A novel algorithm for MSA called ProbPFP is presented in this paper. It intergrate optimized HMM by particle swarm with partition function. The algorithm of PSO was applied to optimize HMM's parameters. After that, the posterior probability obtained by the HMM was combined with the one obtained by partition function, and thus to calculate an integrated substitution score for alignment. In order to evaluate the effectiveness of ProbPFP, we compared it with 13 outstanding or classic MSA methods. The results demonstrate that the alignments obtained by ProbPFP got the maximum mean TC scores and mean SP scores on these two benchmark datasets: SABmark and OXBench, and it got the second highest mean TC scores and mean SP scores on the benchmark dataset BAliBASE. ProbPFP is also compared with 4 other outstanding methods, by reconstructing the phylogenetic trees for six protein families extracted from the database TreeFam, based on the alignments obtained by these 5 methods. The result indicates that the reference trees are closer to the phylogenetic trees reconstructed from the alignments obtained by ProbPFP than the other methods.

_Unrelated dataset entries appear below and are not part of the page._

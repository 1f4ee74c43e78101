-- ===== src/Executor/Step/Turns.antt =====
-- The driver's turns when every coroutine yields by `do_yield`.
use vproc.Prelude.{
  ℕ, zero, suc, ◌≡◌, refl, sym, ◌∙◌, List, [], ◌∷◌, ◌++◌, Bool, true, false, none, some, arith,
  ◌==◌, if◌then◌else◌, length,
}
use mathlib.Core.List.{append_assoc, append-nil}
use mathlib.Core.Path.{subst}
use vproc.Prelude.Assoc.{Assoc, lookup, modify, lookup-modify}
use vproc.Coroutine.{VPid, Coroutine, State, is_done, start_running, stop_running}
use vproc.Executor.{Executor, is_live, pick_from, pick_next, first_fatal}
use vproc.Executor.Signals.{deliver_none, lookup-quieted, quieted}
use vproc.Executor.Step.{World, resume, step_from_driver, switch_to, requeue_current, do_yield}

-- A process that can run and has no signal pending.
abbrev pub IsCalm : Assoc Coroutine → VPid → Type 0
IsCalm vprocs pid =
    (c : Coroutine) × (lookup pid vprocs ≡ some c) × (is_done c ≡ false) × (c.pending_signals ≡ [])

abbrev pub AllCalm : Assoc Coroutine → List VPid → Type 0
AllCalm vprocs [] = Unit {0}
AllCalm vprocs (pid ∷ pids) = IsCalm vprocs pid × AllCalm vprocs pids

-- The processes after a turn of `pid` that ends in a yield.
abbrev after_turn : VPid → Assoc Coroutine → Assoc Coroutine
after_turn pid vprocs =
    modify pid (stop_running false)
      (modify pid start_running (modify pid (λ c. record c { pending_signals = [] }) vprocs))

after_turn-IsCalm :
    (pid q : VPid) (vprocs : Assoc Coroutine) → IsCalm vprocs q → IsCalm (after_turn pid vprocs) q
unfolding stop_running start_running is_done
after_turn-IsCalm pid q vprocs (c, h, alive, calm) =
    let quiet = λ (c : Coroutine). record c { pending_signals = [] } in
    let rested : Coroutine = record c { state = State.ready; pending_signals = [] } in
    (
      if pid == q then rested else c,
      ground (
        arith,
        lookup-modify pid q quiet vprocs,
        lookup-modify pid q start_running (modify pid quiet vprocs),
        lookup-modify pid q (stop_running false)
            (modify pid start_running (modify pid quiet vprocs)),
      ),
      ground arith,
      ground arith,
    )

after_turn-AllCalm :
    (pid : VPid) (vprocs : Assoc Coroutine) (pids : List VPid)
    → AllCalm vprocs pids
    → AllCalm (after_turn pid vprocs) pids
after_turn-AllCalm pid vprocs [] a = tt
after_turn-AllCalm pid vprocs (q ∷ pids) (a, as') =
    (after_turn-IsCalm pid q vprocs a, after_turn-AllCalm pid vprocs pids as')

AllCalm-snoc :
    (vprocs : Assoc Coroutine) (pids : List VPid) (pid : VPid)
    → AllCalm vprocs pids
    → IsCalm vprocs pid
    → AllCalm vprocs (pids ++ pid ∷ [])
AllCalm-snoc vprocs [] pid all a = (a, tt)
AllCalm-snoc vprocs (q ∷ pids) pid (b, all) a = (b, AllCalm-snoc vprocs pids pid all a)

pick_next-calm :
    (ex : Executor) (pid : VPid) (rest : List VPid)
    → ex.ready_queue ≡ pid ∷ rest
    → IsCalm ex.vprocs pid
    → pick_next ex ≡ (some pid, record ex { ready_queue = rest })
unfolding pick_next pick_from is_live is_done
pick_next-calm ex pid rest q (c, h, run, calm) = ground arith

module _ (body : ℕ → World → World) (is_dead : ℕ → World → Bool) where
  -- The driver's loop, for a number of turns.
  abbrev pub turns : ℕ → World → World
  turns zero w = w
  turns (suc n) w = turns n (step_from_driver body is_dead w)

module _ (body : ℕ → World → World) (is_dead : ℕ → World → Bool)
    (yields : (co : ℕ) (v : World) → body co v ≡ do_yield body is_dead true v)
    (alive : (co : ℕ) (v : World) → is_dead co v ≡ false) where
  -- What the process runs up to its yield, from when the driver has taken it off the queue.
  resume_yields :
      (w : World) (pid : VPid) (c : Coroutine)
      → lookup pid w.executor.vprocs ≡ some c
      → w.executor.current ≡ some pid
      → is_done c ≡ false
      → let ex' = (resume body is_dead pid w).executor in
        (ex'.ready_queue ≡ w.executor.ready_queue ++ pid ∷ [])
        × (ex'.vprocs
            ≡ modify pid (stop_running false) (modify pid start_running w.executor.vprocs))
  unfolding resume do_yield requeue_current is_live is_done start_running
  resume_yields w pid c h cur run =
      let ex = w.executor in
      let started = record w {
        executor = record ex { vprocs = modify pid start_running ex.vprocs };
      } in
      ground (
        arith,
        yields c.co started,
        alive c.co (body c.co started),
        lookup-modify pid pid start_running ex.vprocs,
      )

  -- One turn: the head of the queue goes to its end.
  turn :
      (w : World) (pid : VPid) (rest : List VPid)
      → w.executor.ready_queue ≡ pid ∷ rest
      → IsCalm w.executor.vprocs pid
      → let ex' = (step_from_driver body is_dead w).executor in
        (ex'.ready_queue ≡ rest ++ pid ∷ []) × (ex'.vprocs ≡ after_turn pid w.executor.vprocs)
  unfolding step_from_driver switch_to first_fatal is_done
  turn w pid rest q (c, h, run, calm) =
      let ex = record w.executor { ready_queue = rest } in
      let quiet = record c { pending_signals = [] } in
      let none_fatal : first_fatal c.pending_signals ≡ none = ground arith in
      let taken = record w {
        executor = switch_to pid (record ex { vprocs = quieted ex pid c h });
      } in
      let picked = pick_next-calm w.executor pid rest q (c, h, run, calm) in
      let delivered = deliver_none ex pid c h none_fatal in
      let resumed = resume_yields taken pid quiet (lookup-quieted ex pid c h) refl run in
      ground (arith, picked, delivered, resumed)

  -- Where every coroutine yields by `do_yield` each time it runs and none ends, and every process
  -- of the queue is there, not done and without a pending signal, the driver's turns serve the
  -- queue in order: after as many turns as `first` is long, a queue `first ++ second` is
  -- `second ++ first`. So after a whole round each process has run once and the queue is as before.
  pub rounds :
      (first second : List VPid) (w : World)
      → w.executor.ready_queue ≡ first ++ second
      → AllCalm w.executor.vprocs (first ++ second)
      → (turns body is_dead (length first) w).executor.ready_queue ≡ second ++ first
  rounds [] second w q calm = q ∙ sym (append-nil second)
  rounds (pid ∷ first) second w q (a, calm) =
      let (queue, vprocs) = turn w pid (first ++ second) q a in
      let w' = step_from_driver body is_dead w in
      rounds first (second ++ pid ∷ []) w' (queue ∙ append_assoc first second (pid ∷ []))
        (requeued w' vprocs)
      ∙ append_assoc second (pid ∷ []) first
    where
      requeued :
          (w' : World)
          → w'.executor.vprocs ≡ after_turn pid w.executor.vprocs
          → AllCalm w'.executor.vprocs (first ++ (second ++ pid ∷ []))
      requeued w' e = rw e (
          after_turn-AllCalm pid w.executor.vprocs (first ++ (second ++ pid ∷ [])) (
            subst (AllCalm w.executor.vprocs) (append_assoc first second (pid ∷ []))
              (AllCalm-snoc w.executor.vprocs (first ++ second) pid calm a)))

We propose a new multiple sequence alignment method combining optimized HMM and partition function in this paper. The performance validates this method could make a great improvement of the alignment's accuracy.

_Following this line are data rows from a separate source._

-- ===== src/Executor/Tests.antt =====
-- The theorems on src/executor.rs at concrete executors.
use vproc.Prelude.{
  ◌+◌, ℕ, ◌≡◌, refl, List, [], ◌∷◌, Bool, true, false, none, some, arith, if◌then◌else◌, Option,
}
use vproc.Prelude.Int.{ℤ, pos, negsuc, ◌==ℤ◌}
use vproc.Prelude.Assoc.{lookup}
use vproc.Prelude.Assoc.Distinct.{Distinct}
use vproc.Coroutine
use vproc.Coroutine.{Coroutine, State, is_done, set_done}
use vproc.Executor
use vproc.Executor.{
  Executor, spawn, spawn_front, spawn_elf, spawn_fork_child, is_live, pick_next, deliver_signals,
  exit_code_of, first_fatal,
}
use vproc.Executor.Queue.{Picks, pick_next-Picks}
use vproc.Executor.Pids.{IsValid, new-IsValid, Spawned, spawn-Spawned}
use vproc.Executor.Step.{World, step_from_driver, do_yield}
use vproc.Executor.Step.Killed.{step_from_driver_revives}
use vproc.Executor.Step.Swap.{install_fds, install_one}
use vproc.Executor.Step.Swap.Installs.{install_fds_lem}
use vproc.Executor.Step.Turns.{turns, rounds}
use vproc.Executor.Io.{PollFd}
use vproc.Vfd.Tables.{FdTables}

abbrev no_fds : FdTables
no_fds = record { tables = []; pipes = [] }

abbrev sleeper : Coroutine
sleeper = Coroutine.new 1 100 7

-- SIGUSR1, SIGTERM and SIGKILL are pending.
abbrev victim : Coroutine
victim = record (Coroutine.new 2 101 8) { pending_signals = pos 10 ∷ pos 15 ∷ pos 9 ∷ [] }

-- A process that waits for descriptor 5 until 1000.
abbrev reader : Coroutine
reader = record (Coroutine.new 3 102 9) {
  io_wait = some (record { fds = (pos 5, 1) ∷ []; deadline = some 1000 });
}

abbrev finished : Coroutine
finished = record (Coroutine.new 4 103 9) { state = State.done; exit_code = pos 137 }

abbrev sample : Executor
sample = record Executor.new {
  vprocs = (1, sleeper) ∷ (2, victim) ∷ (3, reader) ∷ (4, finished) ∷ [];
  ready_queue = 4 ∷ 2 ∷ 1 ∷ [];
  next_pid = 5;
  current = some 1;
}

sample-Distinct : Distinct sample.vprocs
unfolding lookup
sample-Distinct = (refl, (refl, (refl, (refl, tt))))

spawn-Spawned_example :
    let ex = Executor.new in
    Spawned ex (Coroutine.new 1 100 7) (spawn ex 100 7)
    × Spawned ex (Coroutine.new 1 100 7) (spawn_front ex 100 7)
    × Spawned ex (Coroutine.new_elf 1 100 4096 8192) (spawn_elf ex 100 4096 8192)
unfolding Executor.new
spawn-Spawned_example = spawn-Spawned Executor.new 100 7 4096 8192 new-IsValid (omega arith)

-- Two processes in a fresh executor, both ready.
abbrev two : Executor
two = record Executor.new {
  vprocs = (1, sleeper) ∷ (2, Coroutine.new 2 101 8) ∷ [];
  ready_queue = 1 ∷ 2 ∷ [];
  next_pid = 3;
}

two-IsValid : IsValid two
unfolding lookup Executor.new
two-IsValid = record {
  distinct = (refl, (refl, tt));
  unused = λ pid h. ground arith;
  uncoded = λ pid h. refl;
  running = λ pid h. cc;
}

pick_next-Picks_example :
    let (pid, ex') = pick_next sample in
    Picks sample sample.ready_queue (pid, ex'.ready_queue)
    × (ex' ≡ record sample { ready_queue = ex'.ready_queue })
pick_next-Picks_example = pick_next-Picks sample

-- Every coroutine yields.
abbrev yielding : ℕ → World → World
yielding co v = do_yield (λ co v. v) (λ co v. false) true v

abbrev never_dead : ℕ → World → Bool
never_dead co v = false

abbrev at_once : ℕ → World → World
at_once co v = v

abbrev sample_world : World
sample_world = record { executor = sample; fds = no_fds }

step_from_driver_revives_example :
    lookup 2 (step_from_driver at_once never_dead sample_world).executor.vprocs
    ≡ some (record (set_done (record victim { pending_signals = [] }) (pos 143)) {
      state = State.ready;
    })
unfolding lookup pick_next first_fatal is_live is_done Coroutine.new
step_from_driver_revives_example =
    step_from_driver_revives at_once never_dead sample_world 2 victim (pos 15) refl refl refl
      (λ v. refl) (λ v. refl)

abbrev two_world : World
two_world = record { executor = two; fds = no_fds }

rounds_example : (turns yielding never_dead 1 two_world).executor.ready_queue ≡ 2 ∷ 1 ∷ []
unfolding lookup is_done Coroutine.new do_yield
rounds_example =
    rounds yielding never_dead (λ co v. refl) (λ co v. refl) (1 ∷ []) (2 ∷ []) two_world refl
      ((sleeper, refl, refl, refl), ((Coroutine.new 2 101 8, refl, refl, refl), tt))

-- Descriptor 5 has an event for process 3.
abbrev polled : List (PollFd × ℕ)
polled = (record { fd = pos 5; events = 1; revents = 1 }, 3) ∷ []

-- Descriptors of the kernel by the open file behind them, and `dup3` on them.
abbrev Files : Type 0
Files = ℤ → Option ℕ

abbrev assign : ℤ → ℤ → Files → ℤ × Files
assign old_fd new_fd files =
    (new_fd, λ other. if new_fd ==ℤ other then files old_fd else files other)

abbrev open_files : Files
open_files (pos n) = some n
open_files (negsuc n) = none

abbrev installed : Files
installed other =
    if pos 1 ==ℤ other then some 5 else (if pos 0 ==ℤ other then some 5 else open_files other)

-- Standard input 5 and standard output 0: the output goes to the open file of the input.
install_fds_lem_example :
    let second : ℤ = pos 5 in
    let third : ℤ = pos 2 in
    (installed (pos 0) ≡ open_files (pos 5))
    × (installed (pos 1) ≡ open_files second)
    × (installed (pos 2) ≡ open_files third)
    × ((n : ℕ) → installed (pos (3 + n)) ≡ open_files (pos (3 + n)))
unfolding install_fds install_one
install_fds_lem_example =
    install_fds_lem assign (λ fd k. k fd) (λ old_fd new_fd k success other. refl) (pos 5) (pos 0)
      (pos 2) open_files installed refl refl refl refl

在进行多序列比对的过程中,使用序列比对的替换得分是非常重要的。为了计算自适应比对得分,研究人员通常使用隐马尔可夫模型或概率一致性方法,如分区函数。最近的研究表明,优化隐马尔可夫模型的参数,以及将隐马尔可夫模型与分区函数相结合,可以提高比对的准确性。然而,这些研究忽略了将分区函数与优化的隐马尔可夫模型相结合,以进一步提高比对的准确性。
本文提出了一种新的多序列比对算法 ProbPFP。它通过粒子群算法优化的隐马尔可夫模型与分区函数相结合。应用粒子群算法优化 HMM 的参数。然后,通过隐马尔可夫模型获得的后验概率与分区函数获得的后验概率相结合,从而计算出用于比对的综合替换得分。为了评估 ProbPFP 的有效性,我们将其与 13 种优秀或经典的 MSA 方法进行了比较。结果表明,在 SABmark 和 OXBench 这两个基准数据集上,ProbPFP 得到的比对结果具有最大的平均 TC 得分和平均 SP 得分,在 BAliBASE 基准数据集上,它的平均 TC 得分和平均 SP 得分排名第二。我们还将 ProbPFP 与其他 4 种优秀的方法进行了比较,通过基于这 5 种方法得到的比对结果,对从数据库 TreeFam 中提取的六个蛋白质家族的系统发育树进行重建。结果表明,参考树与基于 ProbPFP 得到的比对结果重建的系统发育树更为接近。
我们在本文中提出了一种新的多序列比对方法,将优化的隐马尔可夫模型与分区函数相结合。该方法的性能验证了其可以显著提高比对的准确性。